The inference in continuous networks is based on stochastic sampling when there is no evidence in the network, or the evidence is specified only for nodes without parents. Otherwise, the inference is performed on a temporary discrete network, derived from the original continuous model. The definitions for the temporary discrete nodes are derived from the discretization intervals defined in each continuous node. In addition to Network.setSampleCount, stochastic sampling can be controlled at the network level by setting the discretization sample count with Network.setDiscretizationSampleCount. Large number of samples provides better approximation of the solution to the set of equations, which continuous network represents, but requires more time to complete.

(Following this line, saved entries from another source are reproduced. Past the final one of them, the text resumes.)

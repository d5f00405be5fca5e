-- ===== src/Lexer/Value.antt =====
-- `lexValue` of lexer.go against a reading of the bytes that knows nothing of the scanner.
use mathlib.Core.Option
use edifact_parser.Base.{
  ℕ, zero, suc, ◌≤◌, Bool, true, false, ◌||◌, Option, none, some, [], ◌∷◌, ◌++◌, ◌≡◌, refl, ap, sym,
  ◌∙◌, inl, inr, arith, append_assoc, append-nil, Bytes, length, ◌==◌, Bool-cases,
}
use edifact_parser.Delimiters.{Delimiters, is_release_char}
use edifact_parser.Lexer.{Lexer, advance, is_delimiter, value_loop}
use edifact_parser.Lexer.Stream.{view, view-advance, view-eof}
use edifact_parser.Lexer.Moves.{
  Moves, Moves-refl, Moves-advance, Moves-trans, SameFlags, SameFlags-refl, SameFlags-advance,
  SameFlags-trans, eq-nil-of-length,
}

abbrev pub is_structural : Delimiters → ℕ → Bool
is_structural d b =
    b == d.component_separator || b == d.data_element_separator || b == d.segment_terminator

abbrev pub is_release : Delimiters → ℕ → Bool
is_release d b = b == d.release_character

abbrev pub push : ℕ → Option Bytes × Bytes → Option Bytes × Bytes
push c (o, rest) = (Option.map (λ t. c ∷ t) o, rest)

-- The value at the head of `bs`, `none` where a release character has nothing to release, and
-- the bytes behind it.
unfoldable pub scan : Delimiters → Bytes → Option Bytes × Bytes
scan d [] = (some [], [])
scan d (c ∷ []) = elim (is_release d c) [
  | true ↦ (none, c ∷ [])
  | false ↦ elim (is_structural d c) [ true ↦ (some [], c ∷ []) | false ↦ (some (c ∷ []), []) ]
]
scan d (c ∷ e ∷ cs) = elim (is_release d c) [
  | true ↦ push e (scan d cs)
  | false ↦ elim (is_structural d c) [
    | true ↦ (some [], c ∷ e ∷ cs)
    | false ↦ push c (scan d (e ∷ cs))
  ]
]

module _ (d : Delimiters) (c : ℕ) where
  pub scan-release_nil : is_release d c ≡ true → scan d (c ∷ []) ≡ (none, c ∷ [])
  unfolding scan
  scan-release_nil h = ground arith

  pub scan-release :
      (e : ℕ) (cs : Bytes) → is_release d c ≡ true → scan d (c ∷ e ∷ cs) ≡ push e (scan d cs)
  unfolding scan
  scan-release e cs h = ground arith

  pub scan_stop :
      (cs : Bytes)
      → is_release d c ≡ false
      → is_structural d c ≡ true
      → scan d (c ∷ cs) ≡ (some [], c ∷ cs)
  unfolding scan
  scan_stop [] h s = ground arith
  scan_stop (e ∷ cs) h s = ground arith

  pub scan_go :
      (cs : Bytes)
      → is_release d c ≡ false
      → is_structural d c ≡ false
      → scan d (c ∷ cs) ≡ push c (scan d cs)
  unfolding scan
  scan_go [] h s = ground arith
  scan_go (e ∷ cs) h s = ground arith

pub record ValueRead (l : Lexer) (buf : Bytes) (r : Option Bytes × Lexer) : Type 0 where
  pub taken : Bytes
  pub moves : Moves l r.1 taken
  pub flags : SameFlags l r.1
  pub text : r.0 ≡ Option.map (λ t. buf ++ t) (scan l.delimiters (view l)).0
  pub stops : view r.1 ≡ (scan l.delimiters (view l)).1

module _ (l : Lexer) (buf : Bytes) where
  ValueRead-stop : scan l.delimiters (view l) ≡ (some [], view l) → ValueRead l buf (some buf, l)
  ValueRead-stop h = record {
    taken = [];
    moves = Moves-refl l;
    flags = SameFlags-refl l;
    text = rw (h, append-nil);
    stops = rw h;
  }

  ValueRead-dangling : scan l.delimiters (view l) ≡ (none, view l) → ValueRead l buf (none, l)
  ValueRead-dangling h = record {
    taken = [];
    moves = Moves-refl l;
    flags = SameFlags-refl l;
    text = rw h;
    stops = rw h;
  }

  map-push :
      (c : ℕ) (s : Option Bytes × Bytes)
      → Option.map (λ t. (buf ++ c ∷ []) ++ t) s.0 ≡ Option.map (λ t. buf ++ t) (push c s).0
  map-push c (none, rest) = refl
  map-push c (some t, rest) = ap some (append_assoc buf (c ∷ []) t)

  ValueRead-go :
      {m : Lexer} {taken : Bytes} {r : Option Bytes × Lexer} (c : ℕ)
      → Moves l m taken
      → SameFlags l m
      → scan l.delimiters (view l) ≡ push c (scan l.delimiters (view m))
      → ValueRead m (buf ++ c ∷ []) r
      → ValueRead l buf r
  ValueRead-go {m} {taken} c mv fl same v =
      let e = same ∙ ap (λ d. push c (scan d (view m))) (sym mv.same_delimiters) in
      record {
        taken = taken ++ v.taken;
        moves = Moves-trans mv v.moves;
        flags = SameFlags-trans fl v.flags;
        text = v.text ∙ map-push c (scan m.delimiters (view m)) ∙ rw e;
        stops = v.stops ∙ rw e;
      }

current-advance : (l : Lexer) → (advance l).current ≡ l.peek
unfolding advance
current-advance l = ground arith

-- A step over a byte that stands for itself.
value_go :
    (l : Lexer) (buf : Bytes) {r : Option Bytes × Lexer}
    → (l.current == 0) ≡ false
    → is_release l.delimiters l.current ≡ false
    → is_structural l.delimiters l.current ≡ false
    → ValueRead (advance l) (buf ++ l.current ∷ []) r
    → ValueRead l buf r
value_go l buf live rel str v =
    ValueRead-go l buf l.current (Moves-advance l live) (SameFlags-advance l)
      (rw (view-advance l live) (scan_go l.delimiters l.current (view (advance l)) rel str)) v

-- The two steps over a release character and the byte that it releases.
value_release :
    (l : Lexer) (buf : Bytes) {r : Option Bytes × Lexer}
    → (l.current == 0) ≡ false
    → (l.peek == 0) ≡ false
    → is_release l.delimiters l.current ≡ true
    → ValueRead (advance (advance l)) (buf ++ (advance l).current ∷ []) r
    → ValueRead l buf r
value_release l buf live peek rel v =
    let next : ((advance l).current == 0) ≡ false = rw (current-advance l) peek in
    ValueRead-go l buf (advance l).current
      (Moves-trans (Moves-advance l live) (Moves-advance (advance l) next))
      (SameFlags-trans (SameFlags-advance l) (SameFlags-advance (advance l)))
      (rw (view-advance l live, view-advance (advance l) next)
        (scan-release l.delimiters l.current (advance l).current _ rel))
      v

value_dangling :
    (l : Lexer) (buf : Bytes)
    → (l.current == 0) ≡ false
    → (l.peek == 0) ≡ true
    → is_release l.delimiters l.current ≡ true
    → ValueRead l buf (none, l)
value_dangling l buf live peek rel =
    let end : view (advance l) ≡ [] = view-eof (advance l) (rw (current-advance l) peek) in
    ValueRead-dangling l buf
      (rw (view-advance l live, end) (scan-release_nil l.delimiters l.current rel))

value_end : (l : Lexer) (buf : Bytes) → view l ≡ [] → ValueRead l buf (some buf, l)
unfolding scan
value_end l buf h = ValueRead-stop l buf (rw h refl)

pub value_loop-ValueRead :
    (n : ℕ) (l : Lexer) (buf : Bytes) → length (view l) ≤ n → ValueRead l buf (value_loop n l buf)
unfolding value_loop is_delimiter is_release_char
value_loop-ValueRead zero l buf h = value_end l buf (eq-nil-of-length (view l) 0 h refl)
value_loop-ValueRead (suc n) l buf h = elim (Bool-cases (l.current == 0)) [
  | inl e ↦ rw (e, value_loop) (value_end l buf (view-eof l e))
  | inr live ↦ elim (Bool-cases (is_release l.delimiters l.current)) [
    | inl rel ↦ elim (Bool-cases (l.peek == 0)) [
      | inl p ↦ rw (live, rel, p, value_loop) (value_dangling l buf live p rel)
      | inr p ↦
          rw (live, rel, p, value_loop)
            (value_release l buf live p rel (
              value_loop-ValueRead n _ _
                (ground (arith, view-advance l live, view-advance (advance l), current-advance l))))
    ]
    | inr rel ↦ elim (Bool-cases (is_structural l.delimiters l.current)) [
      | inl s ↦
          rw (live, rel, s, value_loop)
            (ValueRead-stop l buf (
              rw (view-advance l live) (scan_stop l.delimiters l.current (view (advance l)) rel s)))
      | inr s ↦
          rw (live, rel, s, value_loop)
            (value_go l buf live rel s
              (value_loop-ValueRead n _ _ (ground (arith, view-advance l live))))
    ]
  ]
]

Both types of inference algorithm use the lower and upper bounds defined for each equation node. To set the bounds, use Network.setNodeEquationBounds method. Stochastic sampling can reject a sample when its value falls outside of the bounds defined for the node. You can control this behavior by Network.setOutlierRejectionEnabled. By default, outlier rejection is disabled.

To set node's discretization intervals, use Network.setNodeEquationDiscretization. The method accepts an array of DiscretizationInterval objects intervals as its argument. Each interval is defined by its optional identifier (not used for inference) and an upper bound. The lower bound of the interval with index j is defined by upper interval of the interval with index j-1. The lower bound of the first interval is defined by the lower bound defined for the node with a Network.setNodeEquationBounds call.

Discretization intervals are used to obtain CPTs for the temporary discrete network. The CPTs are calculated by drawing a number of samples specified at the network level for each CPT column. The size of the discretized CPT is a product of the number of node intervals and parent node intervals. Note that this may lead to excessive memory use when the node has many parents.

The results of the inference in a continuous model can be either samples or discretized beliefs, depending on the inference algorithm:

sampling algorithm outputs samples for each node. Network.getNodeValue will return an array of samples and Network.getNodeSampleStats returns an array with simple statistics for the sample set (mean, standard deviation, minimum and maximum. Network.isValueDiscretized returns false.

discretizing algorithm outputs probability distribution over discretization intervals. Network.getNodeValue returns this distribution. Network.isValueDiscretized returns true.